We continue to aggressively replenish our pipeline in the various geographies where we are present, with 18,000 MW of capacity in various stages of development, including projects that we are developing both organically and with strategic partners around the world.

The recent global conflicts and supply chain disruptions have led to volatile fuel prices, necessitating the development of more indigenous and sustainable energy sources. Beyond ACEN’s onshore solar, wind, and geothermal portfolio, we have been busy exploring other technologies such as potential floating solar and offshore wind installations. Battery storage systems must also be developed in parallel to complement intermittent generation.

Demand for renewable energy will continue to grow as the world pursues energy transition to move away from fossil fuels toward cleaner, more sustainable energy sources.
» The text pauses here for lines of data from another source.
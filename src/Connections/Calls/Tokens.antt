-- ===== src/Connections/Calls/Tokens.antt =====
-- The connection semaphores over the histories of the hub: `acquireConn` and `SetMaxConnections` of
-- pkg/router/ws_hub.go, `releaseSlot` of ws_conn.go.
use infermesh.Prelude.{Option}
use infermesh.Registry.{Registry}
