-- ===== src/Connections/Examples.antt =====
-- A hub with a worker that connects twice, and the theorems about it.
use infermesh.Prelude.{
  ℕ, ◌≡◌, refl, String, true, false, Option, none, some, List, [], ◌∷◌, pos, lookup, insert, delete,
}
use infermesh.Protocol.{WorkerInfo}
use infermesh.Registry.{defaults, get, handle_event}
use infermesh.Hub.{new_hub, max_in_flight_for}
use infermesh.Connections.{
  Net, WsHub, Connection, register, heartbeat, check_peer, check_register, handle_conn,
}
use infermesh.Connections.Calls.{
  Step, sets_max_connections, supersedes, admits, releases, adds, receives, new_ws_hub, step, run,
}
use infermesh.Connections.Calls.Live.{IsLive}
use infermesh.Connections.Calls.Open.{run-new_ws_hub-IsLive}
use infermesh.Connections.Calls.Identity.{ip_of, handle_conn-ip_of}

-- Floating-point values play no part here.
abbrev worker : String → String → WorkerInfo ℕ
worker id ip = record {
  id = id;
  hostname = "host";
  ip = ip;
  port = pos 8081;
  capabilities = record {
    gpu = record {
      vendor = "";
      model = "";
      compute_core = pos 0;
      total_vram = pos 0;
      free_vram = pos 0;
    };
    models = [];
    engines = [];
    vram = record { total_mb = pos 0; free_mb = pos 0 };
    system = record { total_mb = pos 0; free_mb = pos 0 };
    allowed_models = [];
    excluded_models = [];
    concurrency_cap = pos 2;
    threads = pos 0;
    inference_stats = [];
  };
  status = "available";
  version = "1";
  transport = "";
  api_key = "";
  last_seen = 0;
}

-- Addresses are written without a port, and none is a loopback.
abbrev net : Net String
net = record {
  split_host_port = λ s. none;
  parse_ip = λ s. some s;
  is_loopback = λ s. false;
  is_ip4 = λ s. true;
  ip4_loopback = "127.0.0.1";
  ip_string = λ s. s;
}

abbrev empty : WsHub ℕ
empty = new_ws_hub "" (record { cfg = defaults; workers = []; subs = [] })

-- The worker connects, connects again, and its first connection is released and ends.
abbrev steps : List (Step ℕ)
steps =
    sets_max_connections (pos 1)
    ∷ admits 5 (worker "a" "10.0.0.1")
    ∷ adds "call" 0
    ∷ supersedes "a"
    ∷ admits 6 (worker "a" "10.0.0.1")
    ∷ releases 0
    ∷ receives 7 1 (heartbeat (worker "" "10.0.0.1"))
    ∷ []

abbrev after : WsHub ℕ
after = run empty steps

run-new_ws_hub-IsLive_example : IsLive after
run-new_ws_hub-IsLive_example =
    run-new_ws_hub-IsLive "" (record { cfg = defaults; workers = []; subs = [] }) steps

known : ip_of (get "a" after.registry) ≡ some "10.0.0.1"
unfolding get lookup insert delete run step new_ws_hub new_hub max_in_flight_for handle_event
known = refl

-- Between the check and the admission the slot of the worker's connection is given back.
abbrev later : WsHub ℕ
later = step after (releases 1)

still_known : ip_of (get "a" later.registry) ≡ some "10.0.0.1"
unfolding get lookup insert delete run step new_ws_hub new_hub max_in_flight_for handle_event
still_known = refl

handle_conn-ip_of_example :
    ip_of (get "a" (handle_conn net 8 (register (worker "a" "")) "10.0.0.1" after later).1.registry)
    ≡ some "10.0.0.1"
handle_conn-ip_of_example =
    handle_conn-ip_of net 8 (register (worker "a" "")) "10.0.0.1" "a" "10.0.0.1" after later known
      still_known

-- Two peers claim an id that is free, and both are checked before either is admitted.
abbrev first_peer : WsHub ℕ
first_peer = (handle_conn net 5 (register (worker "a" "")) "10.0.0.1" empty empty).1

abbrev second_peer : WsHub ℕ
second_peer = (handle_conn net 6 (register (worker "a" "")) "10.0.0.2" empty first_peer).1

second_peer_wins :
    (ip_of (get "a" first_peer.registry) ≡ some "10.0.0.1")
    × (ip_of (get "a" second_peer.registry) ≡ some "10.0.0.2")
unfolding handle_conn check_register check_peer get lookup insert delete new_ws_hub new_hub
    max_in_flight_for handle_event
second_peer_wins = (refl, refl)

abbrev connection : Option ℕ → Connection ℕ
connection slot = record {
  id = "a";
  worker = worker "a" "10.0.0.1";
  closed = false;
  slot = slot;
  pending = [];
  rejected_429 = 0;
  rejected_504 = 0;
}

-- The first connection was superseded by the second and has not ended.
abbrev twice : WsHub ℕ
twice = record {
  api_key = "";
  caps = new_hub;
  registry = record { cfg = defaults; workers = []; subs = [] };
  conn_sem = some 0;
  sems = record { cap = 1; used = 1 } ∷ [];
  conns = ("a", 1) ∷ [];
  connections = connection none ∷ connection (some 0) ∷ [];
  calls = [];
}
Although this means increased competition and margin pressures in the sector, the opportunities for ACEN will also expand as we get closer to realizing our vision of becoming the largest listed renewables player in Southeast Asia. Our efforts contribute to the Net Zero commitment that it has made together with the Ayala Group, with the vision of a more sustainable world that future generations deserve, free from the devastating effects of climate change. For this reason, ACEN continues to lead the charge in the renewables revolution.